Day 10-11. Cameron Highlands
Malaysia is a country where you will sweat most of the time because of the heat and the humidity, and you often would like to be in a place with cooler temperatures. Actually, there’s a part of the country where you will find this so much desired cool weather, the Cameron Highlands. This region with its moderate temperatures is the most important agricultural area in the country. Exploring these highlands, you will see huge farms where they cultivate strawberry and other kinds of fruits. Nevertheless, the most spectacular sights are the beautiful tea plantations that look like if someone had painted them. There are tours available to visit the most important sights in the area, but we recommend you to use the public transport and explore the highlands on your own. In addition, there are several nice trails in the forests of the Cameron Highlands.
Day 12-14. Taman Negara
The immense jungle of Taman Negara is known to be the oldest tropical rainforest on the planet with more than 130 million years. From the small riverside village of Kuala Tanah, you can explore the dense jungle full of wildlife. Although during the day it’s difficult to spot anything but birds, insects and small mammals, but there are several hiding places in the rainforest where you can spend the night, and with some luck you can spot some larger animals like tapires. There are many trails to explore the forest, and there’s also a canopy walk with suspension bridges, and walking there let you look at the jungle from above.
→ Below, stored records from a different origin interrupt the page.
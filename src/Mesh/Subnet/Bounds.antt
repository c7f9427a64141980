-- ===== src/Mesh/Subnet/Bounds.antt =====
-- The numbers of a `Subnet` of crates/pier-core/src/network/wireguard.rs: nothing leaves the `u32`.
use pier.Base.{
  ℕ, ◌+◌, ◌*◌, ◌/◌, ◌^◌, ◌≤◌, ◌<◌, true, false, ◌&&◌, ◌≡◌, refl, arith, leb, ltb, ◌==◌,
  all_below_lem, Text, ok, >>=-eq-ok, Bool-cases, inl, inr, ap, err, split_once, trim, ok_or,
  parse_u8, if◌then◌else◌, ◌++◌, ◌∷◌, show, [], none, some, Bool, Option, subst, IsSolid-trim,
  AreDigits-IsSolid, show-AreDigits, split_once-append, is_whitespace, All, contains_char,
}
use native.Mathlib.Nat.{div-lt_iff_lt-mul, mul-div_cancel, mul-le-mul_right}
use pier.Mesh.Ipv4.{
  to_string-address, is_address_char, parse_ipv4-to_string, parse_ipv4-lt, parse_ipv4,
  missing_prefix, bad_prefix, no_usable_hosts, to_string,
}
use pier.Mesh.Subnet.{Subnet, block, mask_network, first_host, last_host, parse}

-- A subnet as `parse` gives it: at least two hosts, the network address at the base of its block, and
-- the block inside the address space.
pub record IsSubnet (s : Subnet) : Type 0 where
  pub short : s.prefix ≤ 30
  pub roomy : 4 ≤ block s.prefix
  pub base : mask_network s.network s.prefix ≡ s.network
  pub inside : s.network + block s.prefix ≤ 2 ^ 32

block_lem : (p : ℕ) → p ≤ 30 → (4 ≤ block p) × (2 ^ p * block p ≡ 2 ^ 32)
block_lem p h =
    let e =
      all_below_lem (λ p. leb 4 (block p) && 2 ^ p * block p == 2 ^ 32) 31 p refl (omega arith) in
    ground (arith, e)

mask_network-inside : (n p : ℕ) → n < 2 ^ 32 → p ≤ 30 → mask_network n p + block p ≤ 2 ^ 32
mask_network-inside n p b h =
    let (roomy, whole) = block_lem p h in
    let lt : n / block p < 2 ^ p =
      (div-lt_iff_lt-mul {k = block p} {x = n} {y = 2 ^ p} (omega (arith, roomy))).1
        (omega (arith, whole)) in
    let le : (n / block p + 1) * block p ≤ 2 ^ p * block p =
      mul-le-mul_right (block p) (omega (arith, lt)) in
    omega (arith, le, whole)

mask_network-base : (n p : ℕ) → p ≤ 30 → mask_network (mask_network n p) p ≡ mask_network n p
mask_network-base n p h =
    ap (λ q. q * block p) (mul-div_cancel (n / block p) (omega (arith, block_lem p h)))

mask_network-IsSubnet :
    (n p : ℕ) → n < 2 ^ 32 → p ≤ 30 → IsSubnet (record { network = mask_network n p; prefix = p })
mask_network-IsSubnet n p b h = record {
  short = h;
  roomy = (block_lem p h).0;
  base = mask_network-base n p h;
  inside = mask_network-inside n p b h;
}

module _ (s : Subnet) (v : IsSubnet s) where
  pub first_host_lem : first_host s ≡ s.network + 1
  unfolding first_host
  first_host_lem = refl

  pub last_host_lem : last_host s + 2 ≡ s.network + block s.prefix
  unfolding last_host
  last_host_lem = omega (arith, v.base, v.roomy)

-- Whatever the text: an accepted subnet has at least two hosts, its network address is the base of its
-- block, and the block ends inside the address space, so no host computation leaves the `u32`.
pub parse-IsSubnet : (t : Text) (s : Subnet) → parse t ≡ ok s → IsSubnet s
unfolding parse
parse-IsSubnet t s h =
    let ((addr, prefix_text), _, h0) = >>=-eq-ok (ok_or (split_once b'/' t) missing_prefix) _ h in
    let (n, en, h1) = >>=-eq-ok (parse_ipv4 (trim addr)) _ h0 in
    let (p, ep, h2) = >>=-eq-ok (ok_or (parse_u8 (trim prefix_text)) bad_prefix) _ h1 in
    elim (Bool-cases (ltb 30 p)) [
      | inl long ↦ ground (arith, long, h2)
      | inr short ↦
          let e : record { network = mask_network n p; prefix = p } ≡ s =
            ground (arith, short, h2) in
          subst (λ s. IsSubnet s) e
            (mask_network-IsSubnet n p (parse_ipv4-lt (trim addr) n en) (ground (arith, short)))
    ]

reads : ℕ → Option ℕ → Bool
reads n (some m) = n == m
reads n none = false

reads-some : (n : ℕ) (r : Option ℕ) → reads n r ≡ true → r ≡ some n
unfolding reads
reads-some n (some m) h = ground arith
reads-some n none h = cc

parse_u8-show : (n : ℕ) → n < 256 → parse_u8 (show n) ≡ some n
parse_u8-show n h =
    reads-some n (parse_u8 (show n)) (
      all_below_lem (λ m. reads m (parse_u8 (show m))) 256 n (unfold reads parse_u8 show in refl) h)

-- An address and a prefix, as they are printed, are read back as the subnet around that address; a
-- prefix above 30 is refused. The address is any `u32` and the prefix any `u8`.
pub parse-to_string :
    (n p : ℕ)
    → n < 2 ^ 32
    → p < 256
    → parse (to_string n ++ b'/' ∷ show p) ≡ (
        if ltb 30 p
        then err no_usable_hosts
        else ok (record { network = mask_network n p; prefix = p }))
unfolding parse
parse-to_string n p hn hp =
    rw
      (
        split_once-append b'/' (to_string n) (show p) (
            clean (to_string n)
              (to_string-address (λ c. (c == b'/') ≡ false) n λ c e. ground (arith, e))),
        IsSolid-trim (to_string n) (to_string-address (λ c. is_whitespace c ≡ false) n solid),
        IsSolid-trim (show p) (AreDigits-IsSolid (show p) (show-AreDigits p)),
        parse_ipv4-to_string n hn,
        parse_u8-show p hp,
      )
      refl
  where
    solid : (c : ℕ) → is_address_char c ≡ true → is_whitespace c ≡ false
    solid c e = unfold is_whitespace in ground (arith, e)

    clean : (s : Text) → All (λ c. (c == b'/') ≡ false) s → contains_char b'/' s ≡ false
    clean [] a = refl
    clean (c ∷ s) (h, a) = ground (arith, clean s a)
Day 15-18. Perhentian Islands
The East coast of Malaysia is full of beautiful islands like Pulau Redang, Pulau Kapas, Pulau Tioman, just to mention some of them. For us, however, the island you must see in Malaysia is without doubt the smaller Perhentian Island, Kecil. The Perhentian Islands consist of two islands, Kecil has an international backpacker atmosphere, whereas Besar has a more family vibe and local people really love it. We went to Perhentian to spend there a few days, and ended up spending 2 weeks there. Beware of not getting trapped by the beauty of the island, like it happened to us, in the end you will finally have to change the date of your return ticket:)
Perhentian has a really relaxed ambience, fantastic beaches, top spots for doing snorkeling and diving with turtles and sharks. In addition, every evening the restaurants on the beach offer barbecue dinner with fresh fish for very little money. It’s an island that for us was simply perfect.
Day 19-21. Malacca (Melaka)
The last stop on your trip will be Malacca, another precious colonial city to see in Malaysia. The city was founded by the last emperor of Singapore, but while you walk around, you will contemplate examples of Portuguese, Dutch and British colonial architecture. Melaka is another fabulous city as far as gastronomy is concerned, and there are many very pleasant places to sit down for a meal on the banks of River Melaka. In Melaka you can also see nice street art, especially on the walls of the buildings on the riverside, which are decorated with beautiful graffitis. It’s worth spending some time in the night market they have every Friday and Saturday on Jonker Street and its surroundings. In the market you can try many local delicacies and even buy yourself some authentic souvenirs before going home.
We really hope that this itinerary with the most important things to see and do in Malaysia will be useful for you, when you plan your trip.